The Montgomery County Board of Supervisors will vote Monday on whether to raise the real estate tax rate by 5 cents in the next fiscal year.
It will also vote on approving the fiscal 2026-27 county budget, which is proposed to grow by about $14.9 million compared to the current budget that expires after June 30.
Two of seven supervisors, Vice Chair Steve Fijalkowski and member Todd King, have said they will vote no on the tax increase and the budget.
There will be an opportunity for public comments before the votes.
If approved, the real estate tax rate will rise from 76 to 81 cents per $100 of assessed value. All other tax rates will remain the same.
The proposed budget totals nearly $285.74 million.
County general fund spending is projected to increase by about $10.4 million. The biggest increases are nearly $2.73 million more for general government administration, $2.39 million more for community development and $4.1 million more for the school division.
The schools’ operating fund spending will grow by about $7.92 million overall.
During a March 23 discussion, supervisor Anthony Grafsky said the 5-cent increase would generate about $6.35 million more annually. When the additional school funding and additional funding to raise county employees’ pay are subtracted, it leaves an increase of only about $980,000 for other needs, he noted.

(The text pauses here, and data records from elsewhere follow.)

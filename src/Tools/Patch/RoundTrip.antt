-- ===== src/Tools/Patch/RoundTrip.antt =====
-- A diff's hunks, taken as a patch, turn the old lines into the new ones.
use mow.Prelude.{
  ℕ, ◌+◌, ◌≤◌, ◌≡◌, refl, sym, ap, ◌∙◌, Bool, true, false, List, [], ◌∷◌, ◌++◌, map, Option, none,
  some, append-nil, append_assoc, arith, length, drop, Str, length-append, drop-append_le, ok,
}
use mow.Tools.Diff.{
  context, DiffOp, Hunk, open_hunk, push, scan, old_lines, new_lines, build_hunks, diff_lines,
}
use mow.Tools.Diff.Sides.{old_side, new_side, new_side-append, diff_lines-sides}
use mow.Tools.Diff.Marks.{Covers, mark_changes-Covers}
use mow.Tools.Patch.{apply_from}
use mow.Tools.Patch.Hunks.{as_patch}
use mow.Tools.Patch.Held.{
  Held, pending, Held-push, Held-open, file_behind, length_behind, context_sides, apply_from-hunk,
}

abbrev Lines : Type 0
Lines = List Str

-- A line skipped by both sides moves from what is written last to what is cut off the file.
skip_line :
    (cur : ℕ) (out p : Lines) (o : DiffOp) (os : List DiffOp)
    → cur ≤ length p
    → old_side (o ∷ []) ≡ new_side (o ∷ [])
    → out ++ (drop cur (p ++ old_side (o ∷ [])) ++ new_side os)
      ≡ out ++ (drop cur p ++ new_side (o ∷ os))
skip_line cur out p o os c e =
    rw
      (
        drop-append_le cur p (old_side (o ∷ [])) c,
        e,
        append_assoc (drop cur p) (new_side (o ∷ [])) (new_side os),
      )
      (ap (λ (l : Lines). out ++ (drop cur p ++ l)) (sym (new_side-append (o ∷ []) os)))

keep_line :
    (cur : ℕ) (out p : Lines) (done : List DiffOp) (o : DiffOp) (os : List DiffOp)
    → out ++ (drop cur p ++ (new_side (done ++ o ∷ []) ++ new_side os))
      ≡ out ++ (drop cur p ++ (new_side done ++ new_side (o ∷ os)))
keep_line cur out p done o os =
    ap (λ (l : Lines). out ++ (drop cur p ++ l))
      (sym (new_side-append (done ++ o ∷ []) os)
        ∙ ap new_side (append_assoc done (o ∷ []) os)
        ∙ new_side-append done (o ∷ os))

same_line : (o : DiffOp) → o.kind ≡ context → old_side (o ∷ []) ≡ new_side (o ∷ [])
same_line o e = (context_sides o.kind o.text e).0 ∙ sym (context_sides o.kind o.text e).1

drop-length : (p : Lines) → drop (length p) p ≡ []
drop-length [] = refl
drop-length (x ∷ p) = drop-length p

-- The output when the last hunk has ended, written as one list.
regroup : (out a b c : Lines) → ((out ++ a) ++ b) ++ c ≡ out ++ (a ++ (b ++ c))
regroup out a b c = simp append_assoc

-- A line skipped behind a hunk.
skip_behind :
    (cur : ℕ) (out p0 p : Lines) (done : List DiffOp) (o : DiffOp) (os : List DiffOp)
    → o.kind ≡ context
    → ((out ++ drop cur p0) ++ new_side done)
        ++ (drop (length p) (p ++ old_side (o ∷ [])) ++ new_side os)
      ≡ out ++ (drop cur p0 ++ (new_side done ++ new_side (o ∷ os)))
skip_behind cur out p0 p done o os k =
    let out' = (out ++ drop cur p0) ++ new_side done in
    skip_line (length p) out' p o os (omega arith) (same_line o k)
    ∙ ap (λ (l : Lines). out' ++ (l ++ new_side (o ∷ os))) (drop-length p)
    ∙ regroup out (drop cur p0) (new_side done) (new_side (o ∷ os))

module _ (file : Lines) where
  abbrev Applies : Option Hunk → ℕ → Lines → Lines → List Hunk → List DiffOp → Type 0
  Applies held cur out p0 hs os =
      apply_from file cur out (map as_patch hs)
      ≡ ok (out ++ (drop cur p0 ++ (pending held ++ new_side os)))

  apply_from-nil :
      (cur : ℕ) (out p : Lines)
      → file ≡ p ++ []
      → apply_from file cur out [] ≡ ok (out ++ (drop cur p ++ []))
  unfolding apply_from
  apply_from-nil cur out p e = rw (e, append-nil p, append-nil (drop cur p)) refl

  apply_from-last :
      (h : Hunk) (cur : ℕ) (out p0 p : Lines)
      → Held (some h) p0 p
      → file ≡ p ++ []
      → cur ≤ length p0
      → Applies (some h) cur out p0 (h ∷ []) []
  apply_from-last h cur out p0 p q e c =
      apply_from-hunk file cur out h [] p0 p [] e q c
      ∙ apply_from-nil (length p) _ p e
      ∙ ap ok (
          ap (λ (l : Lines). ((out ++ drop cur p0) ++ new_side h.ops) ++ (l ++ [])) (drop-length p)
          ∙ regroup out (drop cur p0) (new_side h.ops) [])

  apply_from-scan :
      (held : Option Hunk) (cur : ℕ) (out p0 p : Lines) (old new : ℕ) (os : List DiffOp)
      (keep : List Bool)
      → Held held p0 p
      → file ≡ p ++ old_side os
      → old ≡ length p + 1
      → cur ≤ length p0
      → Covers os keep
      → Applies held cur out p0 (scan held old new os keep) os
  unfolding scan
  apply_from-scan none cur out p0 p old new [] keep q e l c v =
      apply_from-nil cur out p0 (e ∙ ap (λ (l : Lines). l ++ []) q)
  apply_from-scan (some h) cur out p0 p old new [] keep q e l c v =
      apply_from-last h cur out p0 p q e c
  apply_from-scan none cur out p0 p old new (o ∷ os) [] q e l c v = absurd v
  apply_from-scan (some h) cur out p0 p old new (o ∷ os) [] q e l c v = absurd v
  apply_from-scan none cur out p0 p old new (o ∷ os) (false ∷ keep) q e l c v =
      let p' = p0 ++ old_side (o ∷ []) in
      let e' = e ∙ ap (λ (l : Lines). l ++ old_side (o ∷ os)) q in
      let l' : old ≡ length p0 + 1 = l ∙ ap (λ (l : Lines). length l + 1) q in
      apply_from-scan none cur out p' p' (old + old_lines o.kind) (new + new_lines o.kind) os keep
        refl (file_behind file p0 o os e') (length_behind o.kind o.text p0 old l')
        (omega (arith, length-append p0 (old_side (o ∷ [])))) v.1
      ∙ ap ok (skip_line cur out p0 o os c (same_line o (v.0 refl)))
  apply_from-scan none cur out p0 p old new (o ∷ os) (true ∷ keep) q e l c v =
      let e' = e ∙ ap (λ (l : Lines). l ++ old_side (o ∷ os)) q in
      let l' : old ≡ length p0 + 1 = l ∙ ap (λ (l : Lines). length l + 1) q in
      apply_from-scan (some (push (open_hunk old new) o)) cur out p0 (p0 ++ old_side (o ∷ []))
        (old + old_lines o.kind) (new + new_lines o.kind) os keep (Held-open o p0 old new l')
        (file_behind file p0 o os e') (length_behind o.kind o.text p0 old l') c v.1
      ∙ ap ok (keep_line cur out p0 [] o os)
  apply_from-scan (some h) cur out p0 p old new (o ∷ os) (false ∷ keep) q e l c v =
      let p' = p ++ old_side (o ∷ []) in
      apply_from-hunk file cur out h _ p0 p (old_side (o ∷ os)) e q c
      ∙ apply_from-scan none (length p) ((out ++ drop cur p0) ++ new_side h.ops) p' p'
          (old + old_lines o.kind) (new + new_lines o.kind) os keep refl (file_behind file p o os e)
          (length_behind o.kind o.text p old l) (omega (arith, length-append p (old_side (o ∷ []))))
          v.1
      ∙ ap ok (skip_behind cur out p0 p h.ops o os (v.0 refl))
  apply_from-scan (some h) cur out p0 p old new (o ∷ os) (true ∷ keep) q e l c v =
      apply_from-scan (some (push h o)) cur out p0 (p ++ old_side (o ∷ [])) (old + old_lines o.kind)
        (new + new_lines o.kind) os keep (Held-push h o p0 p q) (file_behind file p o os e)
        (length_behind o.kind o.text p old l) c v.1
      ∙ ap ok (keep_line cur out p0 h.ops o os)

-- The hunks of any edit script, at any width of context, taken as a patch, turn its old side into
-- its new side.
apply_from-build_hunks :
    (os : List DiffOp) (ctx : ℕ)
    → apply_from (old_side os) 0 [] (map as_patch (build_hunks os ctx)) ≡ ok (new_side os)
unfolding build_hunks
apply_from-build_hunks os ctx =
    apply_from-scan (old_side os) none 0 [] [] [] 1 1 os _ refl refl (omega arith) (omega arith)
      (mark_changes-Covers ctx os)

-- For any two lists of lines and any width of context, the hunks that `buildHunks` makes of
-- `diffLines a b`, taken as the hunks of a patch, are accepted by the loop of `applyHunks` on the
-- lines a, and it returns exactly the lines b.
pub apply_from-diff_lines :
    (a b : List Str) (ctx : ℕ)
    → apply_from a 0 [] (map as_patch (build_hunks (diff_lines a b) ctx)) ≡ ok b
apply_from-diff_lines a b ctx =
    let (reads, writes) = diff_lines-sides a b in
    ap (λ (l : Lines). apply_from l 0 [] (map as_patch (build_hunks (diff_lines a b) ctx)))
      (sym reads)
    ∙ apply_from-build_hunks (diff_lines a b) ctx
    ∙ ap ok writes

During April 9 public hearings, six county residents spoke against the proposed tax increase and raised concerns about the proposed spending increases. Five residents defended both proposals.
Resident Angela Akers said 25% of county residents live in poverty. Young families are struggling, and many people work several jobs to get by, she said.

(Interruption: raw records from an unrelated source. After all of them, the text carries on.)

-- ===== src/Tools/Patch/Text.antt =====
-- The same on whole files: lines are split and joined without loss.
use mow.Prelude.{
  ℕ, ◌≡◌, ◌≢◌, refl, ap, ◌∙◌, List, [], ◌∷◌, ◌++◌, map, arith, if◌then◌else◌, Str, ok,
}
use mow.Tools.Diff.{build_hunks, diff_lines}
use mow.Tools.Patch.{
  newline, onto, split_lines, join_lines, ends_in_newline, trim_newline, file_lines, apply_hunks,
}
use mow.Tools.Patch.Hunks.{as_patch}
use mow.Tools.Patch.RoundTrip.{apply_from-diff_lines}

-- `split_lines` never returns an empty list, so the first case of `onto` is not reached.
join_lines-onto : (c : ℕ) (ls : List Str) → ls ≢ [] → join_lines (onto c ls) ≡ c ∷ join_lines ls
unfolding join_lines
join_lines-onto c [] h = absurd (h refl)
join_lines-onto c (l ∷ []) h = ground arith
join_lines-onto c (l ∷ m ∷ ls) h = ground arith

onto-ne-nil : (c : ℕ) (ls : List Str) → onto c ls ≢ []
onto-ne-nil c [] = ground arith
onto-ne-nil c (l ∷ ls) = ground arith

split_lines-ne-nil : (s : Str) → split_lines s ≢ []
unfolding split_lines
split_lines-ne-nil [] = ground arith
split_lines-ne-nil (c ∷ s) = onto-ne-nil c (split_lines s)

join_lines-split_lines : (s : Str) → join_lines (split_lines s) ≡ s
unfolding split_lines
join_lines-split_lines [] = unfold join_lines in refl
join_lines-split_lines (c ∷ s) =
    join_lines-onto c (split_lines s) (split_lines-ne-nil s) ∙ ap (◌∷◌ c) (join_lines-split_lines s)

-- The text of a file is its lines joined, with its last newline if it has one.
abbrev ending : Str → Str
ending s = if ends_in_newline s then newline ∷ [] else []

trim_newline-ending : (s : Str) → trim_newline s ++ ending s ≡ s
unfolding trim_newline ends_in_newline
trim_newline-ending [] = refl
trim_newline-ending (c ∷ []) = ground arith
trim_newline-ending (c ∷ d ∷ s) = ap (◌∷◌ c) (trim_newline-ending (d ∷ s))

join_lines-file_lines : (s : Str) → join_lines (file_lines s) ++ ending s ≡ s
unfolding file_lines
join_lines-file_lines [] = unfold join_lines ends_in_newline in refl
join_lines-file_lines (c ∷ s) =
    rw (join_lines-split_lines (trim_newline (c ∷ s))) (trim_newline-ending (c ∷ s))

-- For two texts that both end in a newline, or both do not, the hunks of the diff of their lines,
-- taken as a patch, are accepted by `applyHunks` on the old text, and it returns the new text
-- byte for byte.
pub apply_hunks-diff_lines :
    (old new : Str) (ctx : ℕ)
    → ends_in_newline old ≡ ends_in_newline new
    → apply_hunks old
        (map as_patch (build_hunks (diff_lines (file_lines old) (file_lines new)) ctx))
      ≡ ok new
unfolding apply_hunks
apply_hunks-diff_lines old new ctx same =
    rw (apply_from-diff_lines (file_lines old) (file_lines new) ctx, same)
      (ap ok (join_lines-file_lines new))
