-- ===== src/State/Tests.antt =====
-- Boots after a power cut.
use rs_smarthome_nodes.Base.{◌≡◌, refl, [], ◌∷◌}
use rs_smarthome_nodes.Base.Int.{pos}
use rs_smarthome_nodes.ResetReason.{latch}
use rs_smarthome_nodes.State.Resets.{note_resets}
use rs_smarthome_nodes.State.{Rtc, note_reset, reset_state_is_ours, reset_count}

-- What a power cut may leave.
abbrev garbage : Rtc
garbage = record {
  baseline = pos 77;
  flags = 41;
  idle_wakes = 9;
  present_rounds = 0;
  unexplained_rounds = 3;
  clock_ms_lo = 123;
  clock_ms_hi = 0;
  discovery_tag = 5;
  visit_count = 8;
  visit_check = 1;
  reset_reason = 4_000_000_000;
  reset_count = 17;
  reset_tag = 99;
  join_refusals = 5;
  failed_rounds = 2;
}

three_boots : reset_count (note_resets (1 ∷ 5 ∷ 15 ∷ []) garbage) ≡ 2
unfolding reset_state_is_ours reset_count note_resets note_reset latch
three_boots = refl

“The taxpayers are not ATMs,” she said.
Resident Sharon Brockman urged supervisors to make living in the county more affordable for ordinary people. Many citizens didn’t turn out to speak at the hearings because their kids were playing ball or families had other time obligations, she said.

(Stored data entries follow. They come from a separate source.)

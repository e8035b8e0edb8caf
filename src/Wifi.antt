-- ===== src/Wifi.antt =====
-- The network's credentials at boot, the retries and the console's session (src/wifi.rs).
pub mod Backoff
pub mod Boot
pub mod Console
mod Tests
use rs_smarthome_nodes.Base.{
  ℕ, zero, suc, ◌-◌, ◌*◌, ◌^◌, min, Bool, true, false, not, ◌||◌, Option, none, some, [], ◌∷◌,
  ◌>>=◌, length, ltb, leb, if◌then◌else◌,
}
use rs_smarthome_nodes.Base.Bytes.{Bytes}
use rs_smarthome_nodes.Base.Text.{codes, bytes_eq}
use rs_smarthome_nodes.Config.Credentials.{ssid_max, psk_max, load_credentials}
use rs_smarthome_nodes.Flash.{Storage}

abbrev pub placeholder_ssid : Bytes
placeholder_ssid = codes "your-ssid"

abbrev pub radio_backoff_first_ms : ℕ
radio_backoff_first_ms = 500

abbrev pub radio_backoff_max_ms : ℕ
radio_backoff_max_ms = 30_000

abbrev pub join_backoff_first_ms : ℕ
join_backoff_first_ms = 500

abbrev pub join_backoff_max_ms : ℕ
join_backoff_max_ms = 30_000

-- The loop, with its early return; `saturating_mul` on `u64`.
unfoldable pub backoff_loop : ℕ → ℕ → ℕ → ℕ
backoff_loop zero ms max_ms = min ms max_ms
backoff_loop (suc turns) ms max_ms =
    let doubled = min (ms * 2) (2 ^ 64 - 1) in
    let rest = backoff_loop turns doubled max_ms in if leb max_ms doubled then max_ms else rest

unfoldable pub backoff_ms : ℕ → ℕ → ℕ → ℕ
backoff_ms failures first_ms max_ms = backoff_loop (min failures 64 - 1) first_ms max_ms

unfoldable pub radio_backoff_ms : ℕ → ℕ
radio_backoff_ms failures = backoff_ms failures radio_backoff_first_ms radio_backoff_max_ms

unfoldable pub join_backoff_ms : ℕ → ℕ
join_backoff_ms attempts = backoff_ms attempts join_backoff_first_ms join_backoff_max_ms

pub record Credentials : Type 0 where
  pub ssid : Bytes
  pub psk : Bytes

abbrev pub is_empty : Bytes → Bool
is_empty [] = true
is_empty (x ∷ xs) = false

-- `String::try_from` of `heapless`: a text that does not fit is an error.
abbrev pub try_from : ℕ → Bytes → Option Bytes
try_from capacity s = if ltb capacity (length s) then none else some s

unfoldable pub credentials_new : Bytes → Bytes → Option Credentials
credentials_new ssid psk =
    if is_empty ssid
    then none
    else do s ← try_from ssid_max ssid; p ← try_from psk_max psk; some record { ssid = s; psk = p }

unfoldable pub is_placeholder : Credentials → Bool
is_placeholder c = is_empty c.ssid || bytes_eq c.ssid placeholder_ssid

pub data Source : Type 0 where
  stored built_in : Source

unfoldable pub resolve : Option Credentials → Credentials → Credentials × Source
resolve (some c) built = if not (is_placeholder c) then (c, stored) else (built, built_in)
resolve none built = (built, built_in)

module _ (flash : Storage) where
  open flash use {Chip}

  -- The credentials in force and their source; `BUILT_IN` is the argument.
  unfoldable pub init : Chip → Credentials → Credentials × Source
  init chip built =
      resolve (do found ← load_credentials flash chip; credentials_new (found.0) (found.1)) built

Former state Del. Chris Obenshain, a Blacksburg resident, said supervisors have raised real estate taxes a total of 11 cents over three years. Unlike county government, he said, families can’t just go ask someone for more money — they have to cut their budgets.
Resident Kim Bowman said she has worked with a local food pantry that went from serving about 300 people per month to nearly 2,000 people. She added that she’s seen elderly people living in cars.
Resident Laura Mercier asked where the additional money for schools will be spent, adding that some county roads are “disastrous.” If the county keeps raising tax rates, residents eventually will leave for somewhere cheaper, she said.
But resident Anna Vajayin said since fiscal 2019-20, the county’s personnel costs have increased by 55 percent while school division personnel costs have increased 40 percent. Supervisors cannot abdicate their responsibility to fund both schools and local government, she said.
Resident Kelly Brennan said there is no better investment of tax dollars than in public schools. County government is well managed, he said, admitting that there’s a lot of work to do on the adult poverty rate, substandard housing and other challenges.
Resident Laura Brown said the pursuit of affordable living should not come at the expense of good schools. To stay competitive, the school system needs to increase pay and retain good employees, she said.
Resident Nick Fisher estimated the community gets back about $9 for every dollar it invests in public schools. The school system has a high employee turnover rate because neighboring systems offer better pay, he said.
During an April 13 meeting, King repeated his concerns about residents struggling to live on fixed incomes, saying some folks are paying their bills with credit cards.
Fijalkowski said county school costs keep going up, but test scores have not improved.
But supervisors Derek Kitts and Mary Biggs said they think the proposed budget is fair, both to county government and the school division. As for taxation, Biggs noted that Montgomery County includes a lot of real estate where the government’s ability to impose taxes is limited, including Virginia Tech, the Army ammunition plant in Radford and national forest land.
Board Chair April DeMotts said meeting all the needs of the county and its school system would have required a 12-cent real estate tax hike.
Kitts said some county employee turnover has resulted from expecting staff to do more work than there are sufficient people to do it.
“We’re working some people into the ground,” he added.